A l'époque des faits dénoncés, la société anonyme des établissements André Barbot distribuait les cigarettes de la marque " Benson & Hedges ", appartenant à la société BAT ; ce produit représentait un peu plus de 9 % du marché.

3. Les entreprises en cause

3.1. La société anonyme des établissements André Barbot

La société des établissements André Barbot était, à l'époque de la saisine, une société anonyme au capital de 2 millions de Francs ; en 1990, elle réalisait un chiffre d'affaires de 64 294 714 F, dans les domaines du négoce de tabac, de la vente d'automobiles, de l'assurance, ainsi que d'activités commerciales diverses.
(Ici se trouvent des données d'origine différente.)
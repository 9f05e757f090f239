-- ===== src/Cluster/Verdict.antt =====
-- When a client takes the bytes it reads (crates/trust-kernel/src/cluster_mux.rs, `read_payload_cached` and
-- the check of the hash in `fetch_block`). The connection is a stream of bytes, shared by all its frames.
use spaceshuttle.Prelude.{
  ℕ, ◌≡◌, refl, List, [], String, arith, inl, inr, Bool-cases, ltb, if◌then◌else◌, str_eq, length,
  take, drop, add64,
}
use spaceshuttle.Cluster.BlockStore.{insert}
use spaceshuttle.Cluster.Frames.{
  IoResult, io_ok, io_err, unexpected_eof, io_error, integrity_failed, Answer, answered, refused,
  read_payload_streaming,
}
use spaceshuttle.Cluster.Streaming.{read_chunks-read_once}
use spaceshuttle.Cluster.HashCache.{
  HashCache, VerifyResult, cache_hit, full_verify, is_verified, mark_verified, read_payload_cached,
  after_hit, after_miss,
}
use spaceshuttle.Cluster.Client.{MuxClient, take_payload}
use spaceshuttle.Cluster.Requests.{str_eq_refl}

module _ (sha256_hex : List ℕ → String) where
  -- The cache, the bytes with the hash they are taken to have, and what stays on the stream.
  abbrev pub outcome :
      HashCache
      → ℕ
      → String
      → ℕ
      → List ℕ
      → HashCache × IoResult (List ℕ × String × VerifyResult × List ℕ)
  outcome cache block_index content_hash payload_size stream =
      let block = take payload_size stream in
      let rest = drop payload_size stream in
      let computed = sha256_hex block in
      if ltb (length stream) payload_size
      then (cache, io_err unexpected_eof)
      else if is_verified cache block_index content_hash
      then (
        record cache {
          hits = add64 cache.hits 1;
          bytes_saved = add64 cache.bytes_saved payload_size;
        },
        io_ok (block, content_hash, cache_hit content_hash, rest),
      )
      else (
        record cache {
          verified = insert block_index computed cache.verified;
          misses = add64 cache.misses 1;
        },
        io_ok (block, computed, full_verify computed, rest),
      )

  abbrev pub verdict : HashCache → ℕ → String → ℕ → List ℕ → Answer (List ℕ)
  verdict cache block_index content_hash payload_size stream =
      let block = take payload_size stream in
      if ltb (length stream) payload_size
      then refused (io_error unexpected_eof)
      else if is_verified cache block_index content_hash
      then answered block
      else if str_eq (sha256_hex block) content_hash
      then answered block
      else refused (integrity_failed content_hash (sha256_hex block))

  -- A client reads a payload whose header announces a size and claims a hash, and the bytes that
  -- still come on the connection, of this payload or of whatever is sent behind it, are any: if
  -- they are fewer than announced when the connection ends, the read fails and the cache stays as
  -- it is. Else just the announced number is taken from the connection and the rest stays. If the
  -- client has the claimed hash on record for this block, it answers those bytes unhashed and
  -- counts a hit; else it records the hash of those bytes for the block, counts a miss, and
  -- answers them exactly if that hash is the claimed one.
  pub read_payload_cached-verdict :
      (c : MuxClient) (block_index payload_size : ℕ) (content_hash : String) (stream : List ℕ)
      → let got =
          read_payload_cached sha256_hex payload_size content_hash block_index c.hash_cache
            stream in
        (got ≡ outcome c.hash_cache block_index content_hash payload_size stream)
        × ((take_payload c content_hash got).1
            ≡ verdict c.hash_cache block_index content_hash payload_size stream)
  unfolding read_payload_cached read_payload_streaming after_hit after_miss mark_verified
      take_payload
  read_payload_cached-verdict c block_index payload_size content_hash stream =
      let once = read_chunks-read_once payload_size payload_size [] [] stream (omega arith) in
      elim (Bool-cases (ltb (length stream) payload_size)) [
        | inl short ↦ elim (Bool-cases (is_verified c.hash_cache block_index content_hash)) [
          | inl hit ↦ rw (once, short, hit) (refl, refl)
          | inr miss ↦ rw (once, short, miss) (refl, refl)
        ]
        | inr long ↦ elim (Bool-cases (is_verified c.hash_cache block_index content_hash)) [
          | inl hit ↦ rw (once, long, hit, str_eq_refl content_hash) (refl, refl)
          | inr miss ↦
              elim (Bool-cases (str_eq (sha256_hex (take payload_size stream)) content_hash)) [
                | inl same ↦ rw (once, long, miss, same) (refl, refl)
                | inr differs ↦ rw (once, long, miss, differs) (refl, refl)
              ]
        ]
      ]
La répartition du chiffre d'affaires s'établissait ainsi :

- distribution du tabac: 22 266 250 F,

- négoce automobile : 37 889 532 F,

- assurances: 2 667 619 F,

- divers: 48 333 F.

Selon la partie saisissante, l'activité de distribution de tabac a considérablement diminué à partir de 1990, alors que l'activité de négoce automobile a sensiblement progressé à partir de 1989, ainsi que cela ressort du tableau suivant :

EMPLACEMENT TABLEAU

M. André Barbot était devenu distributeur exclusif des produits de la marque " Benson & Hedges " appartenant à la société BAT, aux termes d'un contrat conclu le 26 septembre 1968. Ce contrat a été transféré à la société anonyme des établissements André Barbot lors de la création de celle-ci.

Il ressort du dossier qu'après la dénonciation du contrat conclu avec la société BAT, la société anonyme des établissements André Barbot s'est repliée, en ce qui concerne la distribution du tabac, sur l'activité de grossiste, qu'elle a, en définitive, abandonnée en 1993.

La société anonyme des établissements André Barbot a fait l'objet d'une opération de fusion-absorption autorisée par une assemblée générale extraordinaire des actionnaires du 30 mai 2000, aux termes de laquelle l'intégralité de son patrimoine a été apportée à la société Compagnie Marseillaise de Madagascar, société anonyme au capital de 16 237 500 F, dont le siège est situé à Sainte-Clotilde (département de la Réunion).

3.2. La SARL Rebel

La société Rebel est une SARL au capital de 60 000 F créée en 1986, dont les gérants étaient, à l'époque des faits, Louis et Frédéric Balyu. Elle a pour objet, aux termes de ses statuts, " le commerce en gros ou de détail, l'importation et l'exportation, de produits et marchandises divers, et plus généralement le négoce sous toutes ses formes ".

Son activité est centrée sur la distribution du tabac. Elle disposait, à l'époque des faits, d'une filiale à Madagascar et approvisionnait deux grossistes à Mayotte et aux Comores. Elle réalisait en 1992 un chiffre d'affaires de 210 millions de Francs.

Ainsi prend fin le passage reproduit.